De acordo com o exposto, fui à sala de aula realizar a observação, e o que vi foi uma criança quieta, com relativa comunicação com seus colegas de classe. Um desses colegas, próximo do fim da aula, mostrou-me um caderno que continha muitos desenhos, de autoria dele e da criança. Estes desenhos eram muito bem feitos, elaborados, com traçado firme, demonstrando aí a sua grande habilidade artística. Em conversa com a professora, a mesma colocou que, no momento, em que tentou se utilizar de outra forma na tentativa de alfabetizar a criança, foi barrada pela direção.

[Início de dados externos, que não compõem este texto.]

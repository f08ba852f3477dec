-- ===== src/Types.antt =====
-- csrc/instant_tensor/types.hpp: the records that the loader shares with its I/O backends.
use Prim.Native.String.{String}
use instant_tensor.Base.{ℕ, zero, suc, Option, none, some, List, Bool}
use instant_tensor.Base.Int.{ℤ}

-- enum Backend
pub data Backend : Type 0 where
  aio aio_buffered uring uring_buffered cufile mmap : Backend

-- struct TensorMetadate. `chunk_id_t` is `ssize_t`.
pub record TensorMetadate : Type 0 where
  pub size : ℕ
  pub file_index : ℕ
  pub file_offset : ℕ
  pub device_buffer_offset : ℕ
  pub last_chunk_id : ℤ
  pub prefetch_chunk_id : ℤ

-- struct ChunkRequest. The executor pointer is null, or that of the thread that completes chunks.
pub data ExecutorRef : Type 0 where
  wait_thread : ExecutorRef

pub record ChunkRequest : Type 0 where
  pub executor : Option ExecutorRef
  pub wait_handle : ℤ

-- struct ChunkExtraData
pub record ChunkExtraData : Type 0 where
  pub unfinished_cnt : ℕ

-- struct Chunk
pub record Chunk : Type 0 where
  pub size : ℕ
  pub file_index : ℕ
  pub file_offset : ℕ
  pub device_buffer_offset : ℕ
  pub request : ChunkRequest
  pub extra_data : ChunkExtraData

-- enum Op
pub data Op : Type 0 where
  open_op close_op get_tensor_ptr_op : Op

-- struct OpenArgs. A communicator or a pointer is an address, 0 for null.
pub record OpenArgs : Type 0 where
  pub filenames : List String
  pub device_idx : ℕ
  pub group_communicator : ℕ
  pub rank : ℕ
  pub world_size : ℕ
  pub buffer_size : ℕ
  pub chunk_size : ℕ
  pub num_threads : ℕ
  pub io_depth : ℕ
  pub backend : Backend
  pub tensor_offsets : List (ℕ × ℕ)

-- What the std::any of a request holds: OpenArgs, CloseArgs or GetTensorArgs.
pub data Args : Type 0 where
  open_args : OpenArgs → Args
  close_args : Args
  get_tensor_args : ℕ → Args

-- struct RPCRequest. `op` is an int, the number of an Op.
pub record RpcRequest : Type 0 where
  pub id : ℕ
  pub op : ℕ
  pub args : Args

abbrev pub op_of : ℕ → Option Op
op_of zero = some open_op
op_of (suc zero) = some close_op
op_of (suc (suc zero)) = some get_tensor_ptr_op
op_of (suc (suc (suc n))) = none

abbrev pub op_number : Op → ℕ
op_number open_op = 0
op_number close_op = 1
op_number get_tensor_ptr_op = 2

-- struct RPCResponse, whose std::any is empty or holds a pointer.
pub data AnyResult : Type 0 where
  empty_result : AnyResult
  pointer : ℕ → AnyResult

pub record RpcResponse : Type 0 where
  pub id : ℕ
  pub result : AnyResult

-- struct FileInfo
pub record FileInfo : Type 0 where
  pub filename : String
  pub fd : ℕ
  pub in_memory : Bool
  pub size : ℕ
  pub mapped_memory : ℕ

-- struct HostBufferCacheEntry, but for its deleter.
pub record HostBufferCacheEntry : Type 0 where
  pub ptr : ℕ
  pub size : ℕ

Inclusive, sua aula acontecia de maneira tradicional: leitura do livro, acompanhado pelos estudantes, com baixa interação entre ela e as crianças.

Na segunda etapa, fui conversar com a família representada pela figura do pai. Este, mostrou-se preocupado com o desempenho escolar do filho, mas ressaltava as potencialidades que conseguia observar no mesmo: a habilidade para desenhar, para jogos e, por isso, não acreditava que fosse apenas responsabilidade de seu filho a dificuldade de aprendizagem. Notava que a instituição, na verdade, não sabia lidar com a criança, e em uma reunião de pais, pontuou que na sala apenas uma criança não apresentava desenvolvimento satisfatório, expondo de modo desnecessário, seu filho. Esta reunião, segundo o pai, foi pautada por gráficos, dados, ou seja, números, provas de que seu filho estava ‘fora’ do que a escola tinha como objetivo.